Я подошёл к девушке, которая сидела возле стены и горько плакала. Я думал, что нужно чем-то ей помочь, но не знал, чем. Главное: что ей сказать? Спросить, не возражает ли она, если я попытаюсь ей чем-то помочь? Гм, это чем-то похоже на просьбу из такой серии: "Девушка, вы считаете, что вам настолько плохо, что хуже некуда? Поверьте, я вам сейчас так помогу, что... Ну, в общем, вы решите, что то, что с вами происходило до этого - это еще только цветочки". Да, и обязательно преподнести ей после этого "веник".
То есть, при виде этой девушки я находился не то, что в затруднительном положении, а - сказать хуже - я находился в отчаянии. Я понимал всю безвыходность своей ситуации. То, что я сейчас очень долго буду стоять, смотреть на неё (на то, как она сидит и так ревёт, что под ней растекается лужа), быть уверенным, что, если расспросить её поподробнее, то проблема просто напросто выеденного яйца не стоит, но я всё равно буду стоять как столб, а потом когда-нибудь молча развернусь и уйду. А что будет со мной дальше? Как долго я буду кусать после этого свои локти? Из-за того, что стоял, как немой... Не, не просто как немой, а как трус. Лучше сказать: как ничтожество. Ведь, вдруг я сейчас стою перед своей судьбой, а потом не смогу с ней заговорить и такого больше уже со мной никогда в жизни не повторится. Ведь всё, что мне сейчас нужно, это раскрыть рот, выдавить из себя хоть какой-то звук. Но, чем я дольше на это решаюсь, тем глупее и бестолковее себя чувствую. Дурацкий внутренний голос мне подсказывает (уже не шепотом, а осатанелым воплем): "Вали отсюда, дурик!"
И тут на меня что-то нашло. Я не соображал, что я сейчас делаю. Наверно, на простом (банальном) языке это называется "в меня вселились бесы". Я молниеносно схватил эту девушку, в моих руках кипела какая-то неимоверная энергия, поэтому девка подлетела с асфальта как пушинка. Я впился в неё губами. Но нет, это не фэнфик про вампиров. Я говорю про унылые и постылые вещи: я впился в поцелуе.
Так вот, стоило мне совершить этот немыслимый жест, как после ко мне пришло понимание.
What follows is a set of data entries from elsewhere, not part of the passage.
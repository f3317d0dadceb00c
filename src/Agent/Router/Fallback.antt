-- ===== src/Agent/Router/Fallback.antt =====
-- chipchamp/agent/router.py: the fallback is a model of the pool that was not tried yet.
use chipchamp.Prelude.{
  Bool, true, false, not, ◌&&◌, ◌||◌, ◌≡◌, refl, sym, ap, ap₂, ◌∙◌, Option, none, some, List, [],
  ◌∷◌, if◌then◌else◌,
}
use chipchamp.Text.{Text, text_eq, text_eq_sound, text_eq_refl}
use chipchamp.Dict.{Dict}
use chipchamp.Agent.Router.{ModelProfile, RouterConfig, member, rank, first_untried, next_fallback}
use chipchamp.Agent.Router.Pool.{member-rank}

-- the current model, or one that was tried
abbrev pub is_spent : Text → List Text → Text → Bool
is_spent current tried x = text_eq x current || member x tried

-- The answer is in the list and not spent; without one, all of the list is spent.
abbrev pub Untried : Text → List Text → List Text → Option Text → Type 0
Untried current tried rs none = (x : Text) → member x rs ≡ true → is_spent current tried x ≡ true
Untried current tried rs (some r) = (member r rs ≡ true) × (is_spent current tried r ≡ false)

or_true : (a : Bool) → (a || true) ≡ true
or_true true = refl
or_true false = refl

here_or_there :
    (current : Text) (tried : List Text) (x r : Text) (e m : Bool)
    → text_eq x r ≡ e
    → (e || m) ≡ true
    → is_spent current tried r ≡ true
    → (m ≡ true → is_spent current tried x ≡ true)
    → is_spent current tried x ≡ true
here_or_there current tried x r true m e h spent later =
    ap (λ y. is_spent current tried y) (text_eq_sound x r e) ∙ spent
here_or_there current tried x r false m e h spent later = later h

past :
    (current : Text) (tried : List Text) (r : Text) (rs : List Text) (o : Option Text)
    → is_spent current tried r ≡ true
    → Untried current tried rs o
    → Untried current tried (r ∷ rs) o
past current tried r rs none spent u =
    λ x h. here_or_there current tried x r (text_eq x r) (member x rs) refl h spent (u x)
past current tried r rs (some y) spent u =
    (ap (λ m. text_eq y r || m) u.0 ∙ or_true (text_eq y r), u.1)

turn :
    (current : Text) (tried : List Text) (r : Text) (rs : List Text) (o : Option Text) (a b : Bool)
    → text_eq r current ≡ a
    → member r tried ≡ b
    → Untried current tried rs o
    → Untried current tried (r ∷ rs) (if not a && not b then some r else o)
turn current tried r rs o false false p q u =
    (ap (λ m. m || member r rs) (text_eq_refl r), ap₂ (λ a b. a || b) p q)
turn current tried r rs o false true p q u = past current tried r rs o (ap₂ (λ a b. a || b) p q) u
turn current tried r rs o true b p q u =
    past current tried r rs o (ap (λ a. a || member r tried) p) u

first_untried-Untried :
    (current : Text) (tried rs : List Text)
    → Untried current tried rs (first_untried current tried rs)
unfolding first_untried
first_untried-Untried current tried [] = λ x h. cc
first_untried-Untried current tried (r ∷ rs) =
    turn current tried r rs _ (text_eq r current) (member r tried) refl refl
      (first_untried-Untried current tried rs)

same_list :
    (current : Text) (tried rs ss : List Text) (o : Option Text)
    → ((x : Text) → member x rs ≡ member x ss)
    → Untried current tried rs o
    → Untried current tried ss o
same_list current tried rs ss none e u = λ x h. u x (e x ∙ h)
same_list current tried rs ss (some r) e u = (sym (e r) ∙ u.0, u.1)

-- Whatever the scores and the chains, the fallback is a model of the pool that is neither the
-- current one nor tried, and if there is none, every model of the pool is the current one or tried.
pub next_fallback-Untried :
    (cfg : RouterConfig) (profiles : Dict ModelProfile) (current need : Text) (tried : List Text)
    → Untried current tried cfg.pool (next_fallback cfg profiles current need tried)
unfolding next_fallback
next_fallback-Untried cfg profiles current need tried =
    same_list current tried (rank cfg profiles need) cfg.pool _
      (λ x. member-rank cfg profiles need x)
      (first_untried-Untried current tried (rank cfg profiles need))
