-- ===== src/Agent/Session.antt =====
-- chipchamp/agent/session.py: the messages of a session, and `close_dangling_tool_calls`, which
-- answers the calls of a transcript that were interrupted. Files and times are not modelled.
pub mod Closed
use chipchamp.Prelude.{
  ℕ, ◌+◌, Bool, true, false, not, ◌&&◌, List, [], ◌∷◌, ◌++◌, map, if◌then◌else◌,
}
use chipchamp.Text.{Text, codes, text_eq, is_empty}
use chipchamp.Agent.Transcript.{Call, Item, result, Result, Content, items, Message}

pub record Session : Type 0 where
  pub id : Text
  pub target : Text
  pub messages : List Message

pub append : Session → Text → Content → Session
append s role content = record s {
  messages = s.messages ++ record { role = role; content = content; tool_calls = [] } ∷ [];
}

-- an assistant's turn with calls
abbrev pub has_calls : Message → Bool
has_calls m = text_eq m.role (codes "assistant") && not (is_empty m.tool_calls)

-- whether the next message is a tool's
abbrev pub is_answered : List Message → Bool
is_answered [] = false
is_answered (n ∷ ms) = text_eq n.role (codes "tool")

abbrev quote : ℕ
quote = 34

-- `{"error": "... — this call never ran"}`
abbrev never_ran : Text → Text
never_ran note =
    b'{'
    ∷ quote
    ∷ (codes "error"
        ++ (quote
            ∷ (codes ": "
                ++ quote ∷ (note ++ (codes " — this call never ran" ++ (quote ∷ b'}' ∷ []))))))

abbrev pub answer : Text → List Call → Message
answer note calls = record {
  role = codes "tool";
  content =
      items
        (map (λ c. result (record { id = c.id; name = c.name; output = never_ran note })) calls);
  tool_calls = [];
}

-- the loop: the transcript afterwards, and how many turns were put in
unfoldable pub close_dangling_tool_calls : Text → List Message → List Message × ℕ
unfolding text_eq is_empty
close_dangling_tool_calls note [] = ([], 0)
close_dangling_tool_calls note (m ∷ ms) =
    let (rest, n) = close_dangling_tool_calls note ms in
    if has_calls m && not (is_answered ms)
    then (m ∷ answer note m.tool_calls ∷ rest, n + 1)
    else (m ∷ rest, n)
Жест немыслимый постольку, поскольку я девственник. У меня под моей дурацкой фуражкой плешь. Будучи при памяти и здравом уме, я бы никогда на такое не решился. Ведь я же не насильник! Как бы так сказать, не извращенец. Я всегда считал: уж лучше надо мной пусть надругаются, чем я сам позволю себе такое, так сказать. Но, после того, как я впился в неё губами, ко мне неожиданно вернулось сознание, то есть, я при этом находился в своём уме, но отступаться было уже слишком поздно, поскольку я понимал, что происходит и зачем делаю это над несчастной девушкой.
Дело в том, что, когда на девушку нападает такой вот псих, то с ней случается шок. Она собирается заорать, но, как в случае с грудничком... В общем родители знают, что, чтобы грудничок не разорался, нужно сделать так, чтобы его ротик был постоянно чем-то занят: сосочкой или леденцом, неважно. Многие дурры-матери суют ему свою титьку... Зачем? Они опускаются тем самым ниже уровня простой соски-пустышки.
Точно так же происходило и с этой девушкой: с ней неожиданно началась истерика, то есть она готова была заверещать как резаная, но, поскольку её рот был постоянно закрыт моими губами, то психический приступ резко сходил на нет. И единственное, что испытывала эта девушка в результате - это чувство какой-то неимоверной благодарности. То есть, ей казалось, что я исцелил её от депрессии. То есть, всё то, что с ней происходило долгие последние годы, было суицидальной депрессией, фобией, связанной со страхом осознания, что она должна покончить жизнь самоубийством, и всё это накатывалось-накатывалось, как снежный ком. Под конец оно было таким острым, что девушка даже разговаривать ни с кем не желала.
Но тут вдруг, ни с того ни с сего, сработал фактор неожиданности. Сначала она видела перед собой запотевшие очки ботаника, дурацкую прыщавую рожу, вонь изо рта порченных зубов. А через какое-то время она подумала, что к ней прикоснулись боги. Хотя сам я всё так же продолжал верить, что там всё-таки были черти, а не боги.